We fixed this in two steps. First, mount a persistent volume:
- name: 'gcr.io/cloud-builders/gcloud'
args:
- run
- deploy
- columnly-backend
- --add-volume=name=memo-db,type=cloud-storage,bucket=columnly-memo-db
- --add-volume-mount=volume=memo-db,mount-path=/data
- --set-env-vars=COLUMNLY_MEMO_DB=/data/memo.db
Second, update the connection code to use an absolute path from the environment variable:
import os
def get_db_path() -> str:
return os.environ.get("COLUMNLY_MEMO_DB", "/tmp/memo.db")
def get_connection():
db_path = get_db_path()
os.makedirs(os.path.dirname(db_path), exist_ok=True)
return sqlite3.connect(db_path, check_same_thread=False)
Never use relative paths for anything that persists state in a containerised environment. If it touches disk, it must be an absolute path from an environment variable. Always. The os.makedirs(..., exist_ok=True) guard is also non-negotiable — the directory may not exist on first boot.
Error 3: The Stripe webhook that silently ate every event
With the service running, billing stopped working. Stripe webhooks were being delivered — the Stripe dashboard showed 200 OK responses — but no subscription updates were being written to the database. Users who paid weren't being upgraded.
The root cause took an embarrassingly long time to find: the webhook signature verification was passing, but the event type comparison was case-sensitive and the Stripe event types use dots, not underscores.

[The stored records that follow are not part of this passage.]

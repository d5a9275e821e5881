-- ===== src/Middleware/Ratelimit.antt =====
-- internal/api/middleware/ratelimit.go: RateLimiter, a token bucket for each key. The clock is read
-- under the mutex, once a call, and is an argument here. The type float64 and its operations are a parameter.
pub mod Keyed
pub mod Burst
use agentreg.Base.{
  ℕ, ◌-◌, Text, ◌==◌, Bool, true, false, not, Option, none, some, List, [], ◌∷◌, if◌then◌else◌,
  arith, text_iff, ◌≡◌, refl,
}
use agentreg.Store.{Time}

-- Go's float64.
pub record Floats : Type 1 where
  pub Float : Type 0
  -- float64(n), and Seconds of a duration
  pub of_nat : ℕ → Float
  pub seconds : ℕ → Float
  pub add : Float → Float → Float
  pub sub : Float → Float → Float
  pub mul : Float → Float → Float
  pub div : Float → Float → Float
  pub less : Float → Float → Bool

module _ (F : Floats) where
  pub record Bucket : Type 0 where
    pub tokens : F.Float
    pub last_fill : Time

  abbrev pub Buckets : Type 0
  Buckets = List (Text × Bucket)

  pub record RateLimiter : Type 0 where
    pub buckets : Buckets
    pub rate : F.Float
    pub burst : F.Float

  unfoldable pub new_rate_limiter : ℕ → ℕ → RateLimiter
  new_rate_limiter burst per = record {
    buckets = [];
    rate = F.div (F.of_nat burst) (F.seconds per);
    burst = F.of_nat burst;
  }

  unfoldable pub find_bucket : Text → Buckets → Option Bucket
  find_bucket k [] = none
  find_bucket k ((j, b) ∷ bs) = if j == k then some b else find_bucket k bs

  unfoldable pub store_bucket : Text → Bucket → Buckets → Buckets
  store_bucket k b [] = (k, b) ∷ []
  store_bucket k b ((j, old) ∷ bs) = if j == k then (k, b) ∷ bs else (j, old) ∷ store_bucket k b bs

  -- The bucket after its refill; the clock does not go back.
  unfoldable pub refill : F.Float → F.Float → Bucket → Time → Bucket
  refill rate burst b now =
      let tokens = F.add b.tokens (F.mul (F.seconds (now - b.last_fill)) rate) in
      record { tokens = if F.less burst tokens then burst else tokens; last_fill = now }

  -- `b.tokens < 1` refuses, and otherwise a token is taken.
  unfoldable pub take_token : Bucket → Bucket × Bool
  take_token b =
      if F.less b.tokens (F.of_nat 1)
      then (b, false)
      else (record b { tokens = F.sub b.tokens (F.of_nat 1) }, true)

  -- What the look-up of the key's bucket leads to: its next bucket, and the answer.
  unfoldable pub allow_bucket : F.Float → F.Float → Option Bucket → Time → Bucket × Bool
  unfolding refill take_token
  allow_bucket rate burst none now =
      (record { tokens = F.sub burst (F.of_nat 1); last_fill = now }, true)
  allow_bucket rate burst (some b) now = take_token (refill rate burst b now)

  unfoldable pub allow : RateLimiter → Text → Time → RateLimiter × Bool
  unfolding allow_bucket find_bucket store_bucket
  allow rl key now =
      let (b, ok) = allow_bucket rl.rate rl.burst (find_bucket key rl.buckets) now in
      (record rl { buckets = store_bucket key b rl.buckets }, ok)

  pub find_bucket-store_bucket :
      (k j : Text) (b : Bucket) (bs : Buckets)
      → find_bucket j (store_bucket k b bs) ≡ (if k == j then some b else find_bucket j bs)
  unfolding find_bucket store_bucket
  find_bucket-store_bucket k j b [] = refl
  find_bucket-store_bucket k j b ((i, old) ∷ bs) =
      ground (arith, text_iff i k, text_iff i j, text_iff k j, find_bucket-store_bucket k j b bs)
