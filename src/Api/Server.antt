-- ===== src/Api/Server.antt =====
-- internal/api/server.go: the state that NewHandler makes when no option replaces it.
use agentreg.Base.{ℕ, ◌*◌}
use agentreg.Store.{second}
use agentreg.Auth.Lockout.{LoginLockout, new_login_lockout}
use agentreg.Middleware.Ratelimit.{Floats, RateLimiter, new_rate_limiter}

abbrev pub signup_burst : ℕ
signup_burst = 5

abbrev pub signup_per : ℕ
signup_per = 3600 * second

abbrev pub login_burst : ℕ
login_burst = 10

abbrev pub login_per : ℕ
login_per = 60 * second

abbrev pub publish_burst : ℕ
publish_burst = 30

abbrev pub publish_per : ℕ
publish_per = 3600 * second

abbrev pub login_lockout_max_failures : ℕ
login_lockout_max_failures = 10

abbrev pub login_lockout_window : ℕ
login_lockout_window = 15 * 60 * second

pub record Server (F : Floats) : Type 0 where
  pub lockout : LoginLockout
  pub signup_limiter : RateLimiter F
  pub login_limiter : RateLimiter F
  pub publish_limiter : RateLimiter F

unfoldable pub new_handler : (F : Floats) → Server F
new_handler F = record {
  lockout = new_login_lockout login_lockout_max_failures login_lockout_window;
  signup_limiter = new_rate_limiter F signup_burst signup_per;
  login_limiter = new_rate_limiter F login_burst login_per;
  publish_limiter = new_rate_limiter F publish_burst publish_per;
}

# Wrong — this never matches
if event["type"] == "checkout_session_completed":
...
# Stripe actually sends
# "checkout.session.completed"
The webhook handler was silently catching all events, returning 200 (so Stripe stopped retrying), and doing nothing with them. The fix was a five-character change — replace underscores with dots — but finding it required re-reading the Stripe documentation for the third time and finally noticing the difference.
The most expensive bugs are the ones that return 200 OK and do nothing. A hard crash is easy to find. Silent success is not.
What we'd do differently
Three stacked errors, three different root causes, each requiring a different debugging approach. In hindsight, all three were preventable:
- Permissions: Run a pre-deploy IAM audit script. If the service account is missing any role the service needs, fail the build, not the deployment.
- Filesystem: Add a container startup test that writes to every path the application uses. If it fails, the deployment fails — not the first live request.
- Webhooks: Write a test that replays a real Stripe event payload against your handler before any deploy that touches billing code. Stripe provides test payloads for every event type.
The pattern across all three is the same: the error surfaced as late as possible, in the most obscure way possible. The fix for each was to move the failure earlier — to build time, to startup, to test time — so it could never reach production silently.
The one thing worth remembering
Google Cloud's error messages are written for someone who already knows what's wrong. A 503 from a missing IAM role, a startup crash from a missing directory, a silent no-op from a wrong string constant — none of these messages tell you what actually caused them. You have to already know where to look.
The fastest debugging tool we've found for Cloud Run is not the logs explorer. It's deploying a minimal version of the service — just startup code, no business logic — and adding one piece at a time until the error appears. Tedious, but it works every time.